▸ TASK INSTRUCTIONS
Please output the lines shown below exactly as they appear.

▸ SOURCE DATA

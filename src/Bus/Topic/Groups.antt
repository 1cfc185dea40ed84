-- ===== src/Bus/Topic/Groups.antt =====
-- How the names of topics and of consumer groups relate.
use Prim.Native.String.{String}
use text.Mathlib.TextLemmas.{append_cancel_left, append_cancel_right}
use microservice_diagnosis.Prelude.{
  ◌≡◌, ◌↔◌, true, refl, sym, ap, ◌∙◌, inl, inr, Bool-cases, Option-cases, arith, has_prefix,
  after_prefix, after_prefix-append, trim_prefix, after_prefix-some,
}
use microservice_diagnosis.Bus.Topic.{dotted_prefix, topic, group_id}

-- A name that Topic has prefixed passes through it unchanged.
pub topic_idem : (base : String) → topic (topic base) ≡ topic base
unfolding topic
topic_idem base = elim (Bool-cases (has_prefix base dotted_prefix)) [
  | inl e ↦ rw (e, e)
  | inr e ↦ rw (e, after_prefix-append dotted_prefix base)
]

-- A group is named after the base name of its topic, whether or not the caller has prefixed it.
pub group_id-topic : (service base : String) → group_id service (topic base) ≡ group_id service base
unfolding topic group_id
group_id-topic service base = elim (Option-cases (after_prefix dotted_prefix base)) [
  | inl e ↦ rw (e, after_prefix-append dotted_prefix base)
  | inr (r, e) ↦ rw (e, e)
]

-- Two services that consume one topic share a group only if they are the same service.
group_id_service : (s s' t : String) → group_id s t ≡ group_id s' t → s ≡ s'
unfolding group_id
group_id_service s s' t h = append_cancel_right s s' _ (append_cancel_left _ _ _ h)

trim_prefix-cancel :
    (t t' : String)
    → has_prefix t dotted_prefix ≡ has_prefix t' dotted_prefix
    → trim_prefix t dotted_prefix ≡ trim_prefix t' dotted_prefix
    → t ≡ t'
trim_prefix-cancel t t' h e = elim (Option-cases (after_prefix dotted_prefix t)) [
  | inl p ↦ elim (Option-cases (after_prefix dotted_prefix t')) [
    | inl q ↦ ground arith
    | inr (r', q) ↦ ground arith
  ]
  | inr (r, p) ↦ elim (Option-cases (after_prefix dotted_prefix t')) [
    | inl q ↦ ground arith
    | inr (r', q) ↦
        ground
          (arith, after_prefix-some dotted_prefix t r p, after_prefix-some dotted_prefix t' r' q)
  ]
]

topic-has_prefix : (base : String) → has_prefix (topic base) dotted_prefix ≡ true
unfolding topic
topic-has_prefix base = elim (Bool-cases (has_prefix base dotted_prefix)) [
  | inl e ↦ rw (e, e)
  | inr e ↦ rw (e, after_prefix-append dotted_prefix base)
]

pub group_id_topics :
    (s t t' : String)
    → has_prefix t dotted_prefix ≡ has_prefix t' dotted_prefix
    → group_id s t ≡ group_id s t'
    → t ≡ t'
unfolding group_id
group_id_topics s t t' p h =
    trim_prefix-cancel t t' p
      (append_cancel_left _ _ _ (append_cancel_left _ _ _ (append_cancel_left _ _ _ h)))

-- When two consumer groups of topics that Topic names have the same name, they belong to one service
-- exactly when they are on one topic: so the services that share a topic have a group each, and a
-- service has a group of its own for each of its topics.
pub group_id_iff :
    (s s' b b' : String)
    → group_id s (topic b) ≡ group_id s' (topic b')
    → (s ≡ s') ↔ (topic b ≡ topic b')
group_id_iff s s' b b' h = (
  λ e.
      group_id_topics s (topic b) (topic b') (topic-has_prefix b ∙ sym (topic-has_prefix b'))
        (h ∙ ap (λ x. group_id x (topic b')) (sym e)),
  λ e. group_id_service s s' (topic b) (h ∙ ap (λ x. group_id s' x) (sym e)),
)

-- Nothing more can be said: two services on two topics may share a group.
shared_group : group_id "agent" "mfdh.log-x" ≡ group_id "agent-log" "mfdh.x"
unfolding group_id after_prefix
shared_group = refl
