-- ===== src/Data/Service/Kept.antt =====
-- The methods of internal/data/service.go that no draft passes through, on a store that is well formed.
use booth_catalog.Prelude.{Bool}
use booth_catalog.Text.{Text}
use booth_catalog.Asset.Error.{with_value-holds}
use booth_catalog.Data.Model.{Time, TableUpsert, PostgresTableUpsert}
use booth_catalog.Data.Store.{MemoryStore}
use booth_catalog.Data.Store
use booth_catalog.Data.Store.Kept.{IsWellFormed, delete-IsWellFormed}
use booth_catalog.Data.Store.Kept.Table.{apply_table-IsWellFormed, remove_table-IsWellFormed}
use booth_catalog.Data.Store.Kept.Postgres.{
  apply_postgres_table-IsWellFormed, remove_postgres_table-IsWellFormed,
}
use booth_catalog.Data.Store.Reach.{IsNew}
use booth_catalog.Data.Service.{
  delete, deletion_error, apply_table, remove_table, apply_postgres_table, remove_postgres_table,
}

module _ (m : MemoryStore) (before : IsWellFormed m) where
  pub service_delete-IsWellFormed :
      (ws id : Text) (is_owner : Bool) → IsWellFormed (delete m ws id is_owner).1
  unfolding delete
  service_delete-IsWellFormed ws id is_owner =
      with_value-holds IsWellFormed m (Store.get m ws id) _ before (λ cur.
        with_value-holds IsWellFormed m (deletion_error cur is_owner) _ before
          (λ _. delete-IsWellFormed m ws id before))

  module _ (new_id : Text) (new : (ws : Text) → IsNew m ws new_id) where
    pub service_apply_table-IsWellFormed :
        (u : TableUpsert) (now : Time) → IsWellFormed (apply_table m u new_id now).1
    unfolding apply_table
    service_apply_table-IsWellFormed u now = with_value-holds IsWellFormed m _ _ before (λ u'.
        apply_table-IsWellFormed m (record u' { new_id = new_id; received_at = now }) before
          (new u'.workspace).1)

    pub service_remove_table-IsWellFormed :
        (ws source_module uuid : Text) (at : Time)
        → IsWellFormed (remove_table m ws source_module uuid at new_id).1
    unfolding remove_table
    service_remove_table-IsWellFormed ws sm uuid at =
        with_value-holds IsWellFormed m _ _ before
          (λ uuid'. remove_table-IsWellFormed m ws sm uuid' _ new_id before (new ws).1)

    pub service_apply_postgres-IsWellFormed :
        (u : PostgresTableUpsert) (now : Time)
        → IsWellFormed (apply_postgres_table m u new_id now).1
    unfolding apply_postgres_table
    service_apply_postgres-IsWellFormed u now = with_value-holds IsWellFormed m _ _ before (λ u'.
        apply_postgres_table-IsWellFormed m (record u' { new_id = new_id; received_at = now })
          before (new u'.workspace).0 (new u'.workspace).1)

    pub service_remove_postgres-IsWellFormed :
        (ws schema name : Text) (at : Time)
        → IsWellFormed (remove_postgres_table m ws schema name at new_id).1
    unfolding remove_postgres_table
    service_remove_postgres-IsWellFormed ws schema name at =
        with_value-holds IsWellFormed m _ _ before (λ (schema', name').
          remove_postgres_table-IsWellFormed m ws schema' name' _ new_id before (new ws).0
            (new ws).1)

▸ ANSWER SPACE
filename src/Bus/Topic/Groups.antt
repository 1cfc185dea40ed84
-- ===== src/Bus/Topic/Groups.antt =====
-- How the names of topics and of consumer groups relate.
use Prim.Native.String.{String}
use text.Mathlib.TextLemmas.{append_cancel_left, append_cancel_right}
use microservice_diagnosis.Prelude.{
  ◌≡◌, ◌↔◌, true, refl, sym, ap, ◌∙◌, inl, inr, Bool-cases, Option-cases, arith, has_prefix,
  after_prefix, after_prefix-append, trim_prefix, after_prefix-some,
}
use microservice_diagnosis.Bus.Topic.{dotted_prefix, topic, group_id}

-- A name that Topic has prefixed passes through it unchanged.
pub topic_idem : (base : String) → topic (topic base) ≡ topic base
unfolding topic
topic_idem base = elim (Bool-cases (has_prefix base dotted_prefix)) [
  | inl e ↦ rw (e, e)
  | inr e ↦ rw (e, after_prefix-append dotted_prefix base)
]

-- A group is named after the base name of its topic, whether or not the caller has prefixed it.
pub group_id-topic : (service base : String) → group_id service (topic base) ≡ group_id service base
unfolding topic group_id
group_id-topic service base = elim (Option-cases (after_prefix dotted_prefix base)) [
  | inl e ↦ rw (e, after_prefix-append dotted_prefix base)
  | inr (r, e) ↦ rw (e, e)
]

-- Two services that consume one topic share a group only if they are the same service.
group_id_service : (s s' t : String) → group_id s t ≡ group_id s' t → s ≡ s'
unfolding group_id
group_id_service s s' t h = append_cancel_right s s' _ (append_cancel_left _ _ _ h)

trim_prefix-cancel :
    (t t' : String)
    → has_prefix t dotted_prefix ≡ has_prefix t' dotted_prefix
    → trim_prefix t dotted_prefix ≡ trim_prefix t' dotted_prefix
    → t ≡ t'
trim_prefix-cancel t t' h e = elim (Option-cases (after_prefix dotted_prefix t)) [
  | inl p ↦ elim (Option-cases (after_prefix dotted_prefix t')) [
    | inl q ↦ ground arith
    | inr (r', q) ↦ ground arith
  ]
  | inr (r, p) ↦ elim (Option-cases (after_prefix dotted_prefix t')) [
    | inl q ↦ ground arith
    | inr (r', q) ↦
        ground
          (arith, after_prefix-some dotted_prefix t r p, after_prefix-some dotted_prefix t' r' q)
  ]
]

topic-has_prefix : (base : String) → has_prefix (topic base) dotted_prefix ≡ true
unfolding topic
topic-has_prefix base = elim (Bool-cases (has_prefix base dotted_prefix)) [
  | inl e ↦ rw (e, e)
  | inr e ↦ rw (e, after_prefix-append dotted_prefix base)
]

pub group_id_topics :
    (s t t' : String)
    → has_prefix t dotted_prefix ≡ has_prefix t' dotted_prefix
    → group_id s t ≡ group_id s t'
    → t ≡ t'
unfolding group_id
group_id_topics s t t' p h =
    trim_prefix-cancel t t' p
      (append_cancel_left _ _ _ (append_cancel_left _ _ _ (append_cancel_left _ _ _ h)))

-- When two consumer groups of topics that Topic names have the same name, they belong to one service
-- exactly when they are on one topic: so the services that share a topic have a group each, and a
-- service has a group of its own for each of its topics.
pub group_id_iff :
    (s s' b b' : String)
    → group_id s (topic b) ≡ group_id s' (topic b')
    → (s ≡ s') ↔ (topic b ≡ topic b')
group_id_iff s s' b b' h = (
  λ e.
      group_id_topics s (topic b) (topic b') (topic-has_prefix b ∙ sym (topic-has_prefix b'))
        (h ∙ ap (λ x. group_id x (topic b')) (sym e)),
  λ e. group_id_service s s' (topic b) (h ∙ ap (λ x. group_id s' x) (sym e)),
)

-- Nothing more can be said: two services on two topics may share a group.
shared_group : group_id "agent" "mfdh.log-x" ≡ group_id "agent-log" "mfdh.x"
unfolding group_id after_prefix
shared_group = refl
-- ===== src/Data/Service/Kept.antt =====
-- The methods of internal/data/service.go that no draft passes through, on a store that is well formed.
use booth_catalog.Prelude.{Bool}
use booth_catalog.Text.{Text}
use booth_catalog.Asset.Error.{with_value-holds}
use booth_catalog.Data.Model.{Time, TableUpsert, PostgresTableUpsert}
use booth_catalog.Data.Store.{MemoryStore}
use booth_catalog.Data.Store
use booth_catalog.Data.Store.Kept.{IsWellFormed, delete-IsWellFormed}
use booth_catalog.Data.Store.Kept.Table.{apply_table-IsWellFormed, remove_table-IsWellFormed}
use booth_catalog.Data.Store.Kept.Postgres.{
  apply_postgres_table-IsWellFormed, remove_postgres_table-IsWellFormed,
}
use booth_catalog.Data.Store.Reach.{IsNew}
use booth_catalog.Data.Service.{
  delete, deletion_error, apply_table, remove_table, apply_postgres_table, remove_postgres_table,
}

module _ (m : MemoryStore) (before : IsWellFormed m) where
  pub service_delete-IsWellFormed :
      (ws id : Text) (is_owner : Bool) → IsWellFormed (delete m ws id is_owner).1
  unfolding delete
  service_delete-IsWellFormed ws id is_owner =
      with_value-holds IsWellFormed m (Store.get m ws id) _ before (λ cur.
        with_value-holds IsWellFormed m (deletion_error cur is_owner) _ before
          (λ _. delete-IsWellFormed m ws id before))

  module _ (new_id : Text) (new : (ws : Text) → IsNew m ws new_id) where
    pub service_apply_table-IsWellFormed :
        (u : TableUpsert) (now : Time) → IsWellFormed (apply_table m u new_id now).1
    unfolding apply_table
    service_apply_table-IsWellFormed u now = with_value-holds IsWellFormed m _ _ before (λ u'.
        apply_table-IsWellFormed m (record u' { new_id = new_id; received_at = now }) before
          (new u'.workspace).1)

    pub service_remove_table-IsWellFormed :
        (ws source_module uuid : Text) (at : Time)
        → IsWellFormed (remove_table m ws source_module uuid at new_id).1
    unfolding remove_table
    service_remove_table-IsWellFormed ws sm uuid at =
        with_value-holds IsWellFormed m _ _ before
          (λ uuid'. remove_table-IsWellFormed m ws sm uuid' _ new_id before (new ws).1)

    pub service_apply_postgres-IsWellFormed :
        (u : PostgresTableUpsert) (now : Time)
        → IsWellFormed (apply_postgres_table m u new_id now).1
    unfolding apply_postgres_table
    service_apply_postgres-IsWellFormed u now = with_value-holds IsWellFormed m _ _ before (λ u'.
        apply_postgres_table-IsWellFormed m (record u' { new_id = new_id; received_at = now })
          before (new u'.workspace).0 (new u'.workspace).1)

    pub service_remove_postgres-IsWellFormed :
        (ws schema name : Text) (at : Time)
        → IsWellFormed (remove_postgres_table m ws schema name at new_id).1
    unfolding remove_postgres_table
    service_remove_postgres-IsWellFormed ws schema name at =
        with_value-holds IsWellFormed m _ _ before (λ (schema', name').
          remove_postgres_table-IsWellFormed m ws schema' name' _ new_id before (new ws).0
            (new ws).1)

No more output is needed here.